Spaghetti con gamberi e pomodorini

Ieri sera ho voluto sorprendere i miei invitati con una ricetta nuova e molto semplice: spaghetti con gamberi e pomodorini freschi. Questa è una ricetta adatta a tutte quelle occasioni in cui avete bisogno di preparare un primo piatto in poco tempo con prodotti freschi e d’effetto. Provare per credere!

CATEGORIA:  primi piatti

TEMPO DI COTTURA: circa 15 minuti

DIFFICOLTA’: facile

Per iniziate portare a bollore l’acqua salata quanto basta per i nostri spaghetti (320 g circa per 4 persone). Mentre l’acqua bolle iniziate a preparare il condimento facendo un soffritto con olio extra vergine di oliva, uno spicchio di aglio intero e una manciata di prezzemolo fresco tritato finemente. Non appena l’aglio inizia a brunire versare mezzo bicchiere di vino bianco. Lasciare evaporare tutto l’alcol del vino quindi togliere lo spicchio d’aglio e aggiungere 150 g di pomodori pachino tagliati a metà, lasciar cuocere per qualche minuto a fuoco basso (circa 5/6 minuti circa).

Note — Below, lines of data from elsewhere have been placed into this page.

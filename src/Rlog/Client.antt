-- ===== src/Rlog/Client.antt =====
-- RLog of rlog/rlog.h and rlog/rlog.cc, whose static members are a record. A call takes its arguments and what it
-- learns outside: the environment, whether `connect` succeeds, the text that `vsnprintf` makes of its arguments, and
-- whether the client takes a request. `vsnprintf` is what its two calls come to: the second one reads arguments that the
-- first has used, so that what it makes is an argument of its own, and either can fail. A call returns the requests that
-- it sends and the lines that it prints.
pub mod Sent
mod Runs
use Prim.Native.String.{String}
use simple_rpc.Prelude.{
  ℕ, ◌+◌, ◌-◌, Bool, true, false, List, [], ◌∷◌, ◌++◌, length, take, if◌then◌else◌, ltb, leb,
  Option, some, none,
}
use simple_rpc.Prelude.Fault.{◌>>=◌, ◌>>◌, verify}

-- `buf_s` is whether there is a buffer, of `buf_len_s` bytes.
pub record RLog : Type 0 where
  pub my_ident_s : Option String
  pub rp_s : Bool
  pub cl_s : Bool
  pub buf_s : Bool
  pub buf_len_s : ℕ
  pub poll_s : Bool
  pub msg_counter_s : ℕ

abbrev pub do_finalize : RLog → RLog
do_finalize r = record r {
  my_ident_s = none;
  cl_s = false;
  rp_s = false;
  buf_s = false;
  poll_s = false;
}

abbrev pub or_else : Option String → Option String → Option String
or_else none other = other
or_else (some s) other = some s

-- The name that is given, or the one of the host and the process.
abbrev pub ident : Option String → String → String
ident none host_and_pid = host_and_pid
ident (some s) host_and_pid = s

-- `cl_s->connect`, with no address too.
abbrev pub connected : (String → Bool) → Option String → Bool
connected connect none = false
connected connect (some addr) = connect addr

unfoldable pub init :
    Option String
    → Option String
    → Option String
    → Option String
    → String
    → (String → Bool)
    → RLog
    → RLog
init my_ident rlog_addr rlog_server rlogserver host_and_pid connect r =
    let addr = or_else rlog_addr (or_else rlog_server rlogserver) in
    let made : RLog = record r {
      my_ident_s = some (ident my_ident host_and_pid);
      poll_s = true;
      cl_s = true;
    } in
    if r.cl_s
    then r
    else if connected connect addr
    then record made { rp_s = true; msg_counter_s = 0 }
    else do_finalize made

-- `RLogProxy::async_log` and `async_aggregate_qps`
pub data Request : Type 0 where
  log : ℕ → String → ℕ → List ℕ → Request
  qps : String → ℕ → Request

-- The text that a call of `vsnprintf` makes, or `none` for -1, in the first call and in the second.
pub record Formatted : Type 0 where
  pub first : Option (List ℕ)
  pub second : Option (List ℕ)

-- The bytes that `vsnprintf` puts before the 0 into a buffer of `size` bytes; it returns the length of the text.
abbrev pub vsnprintf : ℕ → List ℕ → List ℕ
vsnprintf size text = take (size - 1) text

-- The end of `log_v`, from the test of `rp_s` on.
abbrev pub send_log : ℕ → List ℕ → Bool → RLog → Option (RLog × List Request)
send_log level message taken r =
    let counted : RLog = record r { msg_counter_s = r.msg_counter_s + 1 } in
    if r.rp_s
    then elim r.my_ident_s [
      | none ↦ none
      | some source ↦
          if taken
          then some (counted, log level source r.msg_counter_s message ∷ [])
          else some (do_finalize counted, [])
    ]
    else some (r, [])

-- The size of the buffer once the text is in it, and the text of the last call. Where that call gives -1, the tests of
-- `cnt` do not hold it back, and the 0 is written before the buffer.
abbrev pub fitted : Formatted → ℕ → Option (ℕ × List ℕ)
fitted made buf_len = do
  text ← made.first
  let again = made.second >>= λ t.
      verify (ltb (length t) (length text + 16 - 1)) >> some (length text + 16, t)
  if leb (buf_len - 1) (length text) then again else some (buf_len, text)

unfoldable pub log_v : ℕ → Formatted → Bool → RLog → Option (RLog × List Request × List ℕ)
log_v level made taken r = do
  (buf_len, text) ← fitted made (if r.buf_s then r.buf_len_s else 8192)
  verify (ltb (length text) buf_len)
  let message = vsnprintf (buf_len - 1) text
  (r', sent) ← send_log level message taken (record r { buf_s = true; buf_len_s = buf_len })
  some (r', sent, message)

unfoldable pub aggregate_qps : String → ℕ → Bool → RLog → RLog × List Request
aggregate_qps metric_name increment taken r =
    if r.rp_s
    then if taken then (r, qps metric_name increment ∷ []) else (do_finalize r, [])
    else (r, [])

-- The static members at the start.
abbrev pub at_start : RLog
at_start = record {
  my_ident_s = none;
  rp_s = false;
  cl_s = false;
  buf_s = false;
  buf_len_s = 0;
  poll_s = false;
  msg_counter_s = 0;
}
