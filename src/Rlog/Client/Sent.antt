-- ===== src/Rlog/Client/Sent.antt =====
-- The calls of RLog of rlog/rlog.cc, one after another, beside a client that has a name and a number alone.
use Prim.Native.String.{String}
use simple_rpc.Prelude.{
  ℕ, ◌+◌, ◌-◌, ◌≤◌, ◌<◌, ◌≡◌, refl, sym, ap, ap₂, subst, ◌∙◌, arith, Bool, true, false, Bool-cases,
  inl, inr, List, [], ◌∷◌, ◌++◌, length, take, take_all, All, ltb, if◌then◌else◌, if_case, leb,
  lt→ltb, Option, some, none,
}
use simple_rpc.Prelude.Fault.{◌>>=◌, ◌>>◌, verify, Gives, gives, Gives-bind, verify-Gives}
use simple_rpc.Rlog.Client.{
  RLog, Formatted, do_finalize, or_else, ident, connected, init, Request, send_log, fitted, log_v,
  aggregate_qps,
}
use simple_rpc.Rlog.Client.Request.{log, qps}

pub data Call : Type 0 where
  start :
      Option String
      → Option String
      → Option String
      → Option String
      → String
      → (String → Bool)
      → Call
  finalize : Call
  line : ℕ → Formatted → Bool → Call
  rate : String → ℕ → Bool → Call

-- The text that the first `vsnprintf` makes.
abbrev pub told : Formatted → List ℕ
told made = elim made.first [ none ↦ [] | some text ↦ text ]

-- `vsnprintf` does not fail, and its second call, which a text of 8191 bytes or more can need, makes the same text.
abbrev pub IsFormatted : Call → Type 0
IsFormatted (line level made taken) =
    (made.first ≡ some (told made)) × (8191 ≤ length (told made) → made.second ≡ some (told made))
IsFormatted (start i a b c h connect) = Unit {0}
IsFormatted finalize = Unit {0}
IsFormatted (rate metric n taken) = Unit {0}

-- What a call leaves, sends and prints.
abbrev pub step : Call → RLog → Option (RLog × List Request × List (List ℕ))
step (start i a b c h connect) r = some (init i a b c h connect r, [], [])
step finalize r = some (do_finalize r, [], [])
step (line level made taken) r = do
  (r', sent, message) ← log_v level made taken r
  some (r', sent, message ∷ [])
step (rate metric n taken) r =
    let (r', sent) = aggregate_qps metric n taken r in some (r', sent, [])

unfoldable pub run : List Call → RLog → Option (RLog × List Request × List (List ℕ))
run [] r = some (r, [], [])
run (c ∷ cs) r = do
  (r', sent, printed) ← step c r
  (r'', sent', printed') ← run cs r'
  some (r'', sent ++ sent', printed ++ printed')

-- The client as its server sees it: its name and the number of its next message, or none in local mode.
abbrev pub Seen : Type 0
Seen = Option (String × ℕ)

abbrev pub seen_step : Call → Seen → Seen × List Request
seen_step (start i a b c h connect) none =
    (if connected connect (or_else a (or_else b c)) then some (ident i h, 0) else none, [])
seen_step (start i a b c h connect) (some s) = (some s, [])
seen_step finalize s = (none, [])
seen_step (line level made taken) none = (none, [])
seen_step (line level made true) (some (source, n)) =
    (some (source, n + 1), log level source n (told made) ∷ [])
seen_step (line level made false) (some (source, n)) = (none, [])
seen_step (rate metric n taken) none = (none, [])
seen_step (rate metric n true) (some s) = (some s, qps metric n ∷ [])
seen_step (rate metric n false) (some s) = (none, [])

unfoldable pub requests : List Call → Seen → List Request
requests [] s = []
requests (c ∷ cs) s = (seen_step c s).1 ++ requests cs (seen_step c s).0

unfoldable pub texts : List Call → List (List ℕ)
texts [] = []
texts (line level made taken ∷ cs) = told made ∷ texts cs
texts (start i a b c h connect ∷ cs) = texts cs
texts (finalize ∷ cs) = texts cs
texts (rate metric n taken ∷ cs) = texts cs

abbrev pub local : Bool → ℕ → ℕ → RLog
local b len n = record {
  my_ident_s = none;
  rp_s = false;
  cl_s = false;
  buf_s = b;
  buf_len_s = len;
  poll_s = false;
  msg_counter_s = n;
}

abbrev pub remote : String → Bool → ℕ → ℕ → RLog
remote source b len n = record {
  my_ident_s = some source;
  rp_s = true;
  cl_s = true;
  buf_s = b;
  buf_len_s = len;
  poll_s = true;
  msg_counter_s = n;
}

-- All pointers but the one to the buffer are null, or none is; a buffer has 8192 bytes or more.
pub data IsWhole : RLog → Seen → Type 0 where
  is_local : (b : Bool) (len n : ℕ) → (b ≡ true → 8192 ≤ len) → IsWhole (local b len n) none
  is_remote :
      (source : String) (b : Bool) (len n : ℕ)
      → (b ≡ true → 8192 ≤ len)
      → IsWhole (remote source b len n) (some (source, n))

fitted-Gives :
    (made : Formatted) (len : ℕ)
    → 8192 ≤ len
    → made.first ≡ some (told made)
    → (8191 ≤ length (told made) → made.second ≡ some (told made))
    → Gives
        (λ (k, text). (length (told made) + 2 ≤ k) × (8192 ≤ k) × (text ≡ told made))
        (fitted made len)
fitted-Gives made len h first second =
    subst
      (λ o. Gives Fits (
        o >>= λ text.
        (let again = made.second >>= λ t.
        verify (ltb (length t) (length text + 16 - 1)) >> some (length text + 16, t) in
          if leb (len - 1) (length text) then again else some (len, text))))
      (sym first)
      (elim (Bool-cases (leb (len - 1) cnt)) [
        | inl full ↦
            let long : 8191 ≤ cnt = ground arith in
            rw (full, second long)
              (verify-Gives _ _ (lt→ltb cnt (cnt + 16 - 1) (omega arith))
                (gives (omega arith, omega arith, refl)))
        | inr fits ↦
            let small : cnt + 1 < len = ground arith in rw fits (gives (omega arith, h, refl))
      ])
  where
    cnt : ℕ
    cnt = length (told made)

    Fits : ℕ × List ℕ → Type 0
    Fits (k, text) = (cnt + 2 ≤ k) × (8192 ≤ k) × (text ≡ told made)

log_v-Gives :
    (Q : RLog × List Request × List ℕ → Type 0) (level : ℕ) (made : Formatted) (taken : Bool)
    (r : RLog)
    → IsFormatted (line level made taken)
    → (r.buf_s ≡ true → 8192 ≤ r.buf_len_s)
    → ((k : ℕ)
        → 8192 ≤ k
        → Gives Q (
            send_log level (told made) taken (record r { buf_s = true; buf_len_s = k }) >>= λ q.
            some (q.0, q.1, told made)))
    → Gives Q (log_v level made taken r)
unfolding log_v
log_v-Gives Q level made taken r (first, second) h next =
    Gives-bind
      (fitted-Gives made (if r.buf_s then r.buf_len_s else 8192)
        (if_case (λ k. 8192 ≤ k) r.buf_s h (λ e. omega arith)) first second)
      λ (k, text) (room, size, same).
        let cnt = length (told made) in
        subst
          (λ t. Gives Q (
            verify (ltb (length t) k)
            >> (send_log level (take (k - 1 - 1) t) taken (record r { buf_s = true; buf_len_s = k })
                >>= λ q. some (q.0, q.1, take (k - 1 - 1) t))))
          (sym same)
          (verify-Gives _ _ (lt→ltb cnt k (omega arith)) (
            subst
              (λ message. Gives Q (
                send_log level message taken (record r { buf_s = true; buf_len_s = k }) >>= λ q.
                some (q.0, q.1, message)))
              (sym (take_all (k - 1 - 1) (told made) (omega arith))) (next k size)))

abbrev pub Stepped : Call → Seen → RLog × List Request × List (List ℕ) → Type 0
Stepped c s (r', sent, printed) =
    let (s', expected) = seen_step c s in
    IsWhole r' s' × (sent ≡ expected) × (printed ≡ texts (c ∷ []))

abbrev Logged : ℕ → Formatted → Bool → Seen → RLog × List Request × List ℕ → Type 0
Logged level made taken s (r', sent, message) =
    let (s', expected) = seen_step (line level made taken) s in
    IsWhole r' s' × (sent ≡ expected) × (message ≡ told made)

line-Stepped :
    (level : ℕ) (made : Formatted) (taken : Bool) (r : RLog) (s : Seen)
    → IsFormatted (line level made taken)
    → (r.buf_s ≡ true → 8192 ≤ r.buf_len_s)
    → ((k : ℕ)
        → 8192 ≤ k
        → Gives (Logged level made taken s) (
            send_log level (told made) taken (record r { buf_s = true; buf_len_s = k }) >>= λ q.
            some (q.0, q.1, told made)))
    → Gives (Stepped (line level made taken) s) (step (line level made taken) r)
unfolding texts
line-Stepped level made taken r s formed fit sent =
    Gives-bind (log_v-Gives (Logged level made taken s) level made taken r formed fit sent)
      λ q (whole, same, all). gives (whole, same, ap (λ m. m ∷ []) all)

step-Stepped :
    (c : Call) (r : RLog) (s : Seen) → IsFormatted c → IsWhole r s → Gives (Stepped c s) (step c r)
unfolding init aggregate_qps texts
step-Stepped (start i a b c h connect) r none formed (is_local buf len n fit) =
    elim (Bool-cases (connected connect (or_else a (or_else b c)))) [
      | inl up ↦ rw up (gives (rw up (is_remote (ident i h) buf len 0 fit), refl, refl))
      | inr down ↦ rw down (gives (rw down (is_local false len n (λ e. cc)), refl, refl))
    ]
step-Stepped (start i a b c h connect) r (some s) formed (is_remote source buf len n fit) =
    gives (is_remote source buf len n fit, refl, refl)
step-Stepped finalize r none formed (is_local buf len n fit) =
    gives (is_local false len n (λ e. cc), refl, refl)
step-Stepped finalize r (some s) formed (is_remote source buf len n fit) =
    gives (is_local false len n (λ e. cc), refl, refl)
step-Stepped (line level made taken) r none formed (is_local buf len n fit) =
    line-Stepped level made taken r none formed fit
      (λ k size. gives (is_local true k n (λ e. size), refl, refl))
step-Stepped (line level made true) r (some s) formed (is_remote source buf len n fit) =
    line-Stepped level made true r (some s) formed fit
      (λ k size. gives (is_remote source true k (n + 1) (λ e. size), refl, refl))
step-Stepped (line level made false) r (some s) formed (is_remote source buf len n fit) =
    line-Stepped level made false r (some s) formed fit
      (λ k size. gives (is_local false k (n + 1) (λ e. cc), refl, refl))
step-Stepped (rate metric m taken) r none formed (is_local buf len n fit) =
    gives (is_local buf len n fit, refl, refl)
step-Stepped (rate metric m true) r (some s) formed (is_remote source buf len n fit) =
    gives (is_remote source buf len n fit, refl, refl)
step-Stepped (rate metric m false) r (some s) formed (is_remote source buf len n fit) =
    gives (is_local false len n (λ e. cc), refl, refl)

-- What the calls leave, send and print.
abbrev pub Ran : List Call → Seen → RLog × List Request × List (List ℕ) → Type 0
Ran cs s (r', sent, printed) =
    ((s' : Seen) × IsWhole r' s') × (sent ≡ requests cs s) × (printed ≡ texts cs)

texts-cons : (c : Call) (cs : List Call) → texts (c ∷ cs) ≡ texts (c ∷ []) ++ texts cs
unfolding texts
texts-cons (start i a b c h connect) cs = refl
texts-cons finalize cs = refl
texts-cons (line level made taken) cs = refl
texts-cons (rate metric n taken) cs = refl

-- Where `vsnprintf` does not fail, and makes the same text again where a text of 8191 bytes or more is formatted twice:
-- however often RLog is started and finalized, with or without a server, and wherever a request is refused: no check
-- fails and no null pointer is read; all pointers but that to the buffer are null afterwards or none is; each message
-- is printed whole; and what is sent is what a client in `requests` sends, which has a name and a counter from 0 on
-- that each start sets, and sends no more once a request has been refused.
pub run-Ran :
    (cs : List Call) (r : RLog) (s : Seen)
    → All IsFormatted cs
    → IsWhole r s
    → Gives (Ran cs s) (run cs r)
unfolding run requests texts
run-Ran [] r s f w = gives ((s, w), refl, refl)
run-Ran (c ∷ cs) r s (formed, f) w =
    Gives-bind (step-Stepped c r s formed w) λ (r', sent, printed) (w', e, t).
      Gives-bind (run-Ran cs r' (seen_step c s).0 f w') λ (r'', sent', printed') (w'', e', t').
        gives (w'', ap₂ (λ a b. a ++ b) e e', ap₂ (λ a b. a ++ b) t t' ∙ sym (texts-cons c cs))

Aggiungere le code di gambero ben pulite (4/5 gamberi a persona), salare e pepare quanto basta e cuocere per circa 3/4 minuti a fuoco basso.

Nel frattempo cuocere gli spaghetti e scolarli ancora al dente, farli saltare in padella con il sugo di gamberi per 1 minuto. Prima di servire aggiungere abbondante prezzemolo tritato grossolanamente.

CONSIGLIO: questa ricetta si sposa bene anche con l’aggiunta di peperoncino fresco tritato finemente insieme al pepe per rendere il piatto ancora più gustoso e estivo.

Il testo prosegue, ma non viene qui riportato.